◆ Work to be completed ◆
Copy, from the data below, every line that has "sacn" in it.

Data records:
====

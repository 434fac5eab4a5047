-- ===== src/Hardware/Validate.antt =====
-- crates/led-hardware-profile/src/validate.rs: `validate`. `is_positive` and `in_unit` stand for the
-- tests `x > 0.0` and `(0.0..=1.0).contains(&x)` of the language on `f32`.
use led_platform.Prelude.{
  [], false, if◌then◌else◌, ltb, not, true, ◌&&◌, ◌*◌, ◌++◌, ◌==◌, ◌||◌, ◌∷◌, Bool, List, ℕ, arith,
  ◌≡◌,
}
use led_platform.Color.{ColorFormat, rgbw, channels}
use led_platform.Layout.Linear.{universe_size}
use led_platform.Hardware.Profile.{
  schema_version_known, Protocol, OutputInterface, HardwareProfile, same_protocol, same_interface,
  sacn, art_net, ddp, wi_fi,
}

pub record Available : Type 0 where
  pub interfaces : List OutputInterface
  pub protocols : List Protocol

pub data Severity : Type 0 where
  error warning : Severity

pub data LimitField : Type 0 where
  pixels_per_universe max_pixels refresh_hz : LimitField

pub data PowerField : Type 0 where
  voltage_v max_current_a : PowerField

pub data CalibrationField : Type 0 where
  gamma brightness : CalibrationField

pub data Finding : Type 0 where
  unknown_schema_version : ℕ → ℕ → Finding
  interface_has_no_driver : OutputInterface → Finding
  protocol_has_no_driver : Protocol → Finding
  pixels_exceed_universe : ℕ → ℕ → ℕ → Finding
  no_physical_ports : Finding
  zero_limit : LimitField → Finding
  invalid_power : PowerField → Finding
  invalid_calibration : CalibrationField → Finding
  rgbw_over_ddp_data_type wifi_not_permitted_live : Finding

unfoldable pub severity : Finding → Severity
severity rgbw_over_ddp_data_type = warning
severity wifi_not_permitted_live = warning
severity _ = error

abbrev pub is_error : Severity → Bool
is_error error = true
is_error warning = false

unfoldable pub has_errors : List Finding → Bool
unfolding severity
has_errors [] = false
has_errors (f ∷ fs) = is_error (severity f) || has_errors fs

unfoldable pub is_universe_based : Protocol → Bool
is_universe_based sacn = true
is_universe_based art_net = true
is_universe_based ddp = false

unfoldable pub contains_interface : OutputInterface → List OutputInterface → Bool
unfolding same_interface
contains_interface i [] = false
contains_interface i (x ∷ xs) = same_interface x i || contains_interface i xs

unfoldable pub contains_protocol : Protocol → List Protocol → Bool
unfolding same_protocol
contains_protocol p [] = false
contains_protocol p (x ∷ xs) = same_protocol x p || contains_protocol p xs

abbrev pub is_rgbw : ColorFormat → Bool
is_rgbw (ColorFormat.rgb order) = false
is_rgbw (rgbw order wm) = true

-- `if c { findings.push(f) }`.
unfoldable pub push_if : Bool → Finding → List Finding → List Finding
push_if c f findings = if c then findings ++ f ∷ [] else findings

module _ {F : Type 0} (is_positive in_unit : F → Bool) where
  unfoldable pub validate : HardwareProfile F → Available → List Finding
  unfolding push_if is_universe_based contains_interface contains_protocol same_protocol
      same_interface
  validate p available =
      let caps = p.capabilities in
      let per = p.limits.pixels_per_universe in
      let c = channels (caps.color) in
      let f₁ =
        push_if (not (p.schema_version == schema_version_known))
          (unknown_schema_version (p.schema_version) schema_version_known) [] in
      let f₂ =
        push_if (not (contains_interface (caps.output_interface) (available.interfaces)))
          (interface_has_no_driver (caps.output_interface)) f₁ in
      let f₃ =
        push_if (not (contains_protocol (caps.protocol) (available.protocols)))
          (protocol_has_no_driver (caps.protocol)) f₂ in
      let f₄ = push_if (caps.ports == 0) no_physical_ports f₃ in
      let f₅ =
        push_if (is_universe_based (caps.protocol) && ltb universe_size (per * c))
          (pixels_exceed_universe per c universe_size) f₄ in
      let f₆ = push_if (per == 0) (zero_limit pixels_per_universe) f₅ in
      let f₇ = push_if (p.limits.max_pixels == 0) (zero_limit max_pixels) f₆ in
      let f₈ = push_if (p.limits.refresh_hz == 0) (zero_limit refresh_hz) f₇ in
      let f₉ = push_if (not (is_positive (p.power.voltage_v))) (invalid_power voltage_v) f₈ in
      let f₁₀ =
        push_if (not (is_positive (p.power.max_current_a))) (invalid_power max_current_a) f₉ in
      let f₁₁ = push_if (not (is_positive (p.calibration.gamma))) (invalid_calibration gamma) f₁₀ in
      let f₁₂ =
        push_if (not (in_unit (p.calibration.brightness))) (invalid_calibration brightness) f₁₁ in
      let f₁₃ =
        push_if (is_rgbw (caps.color) && same_protocol (caps.protocol) ddp) rgbw_over_ddp_data_type
          f₁₂ in
      push_if (same_interface (caps.output_interface) wi_fi) wifi_not_permitted_live f₁₃

pub has_errors-push_if :
    (c : Bool) (f : Finding) (fs : List Finding)
    → has_errors (push_if c f fs) ≡ (has_errors fs || (c && is_error (severity f)))
unfolding push_if has_errors
has_errors-push_if false f fs = ground arith
has_errors-push_if true f [] = ground arith
has_errors-push_if true f (g ∷ fs) = ground (arith, has_errors-push_if true f fs)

====

◆ Answer to this problem ◆
  sacn, art_net, ddp, wi_fi,
is_universe_based sacn = true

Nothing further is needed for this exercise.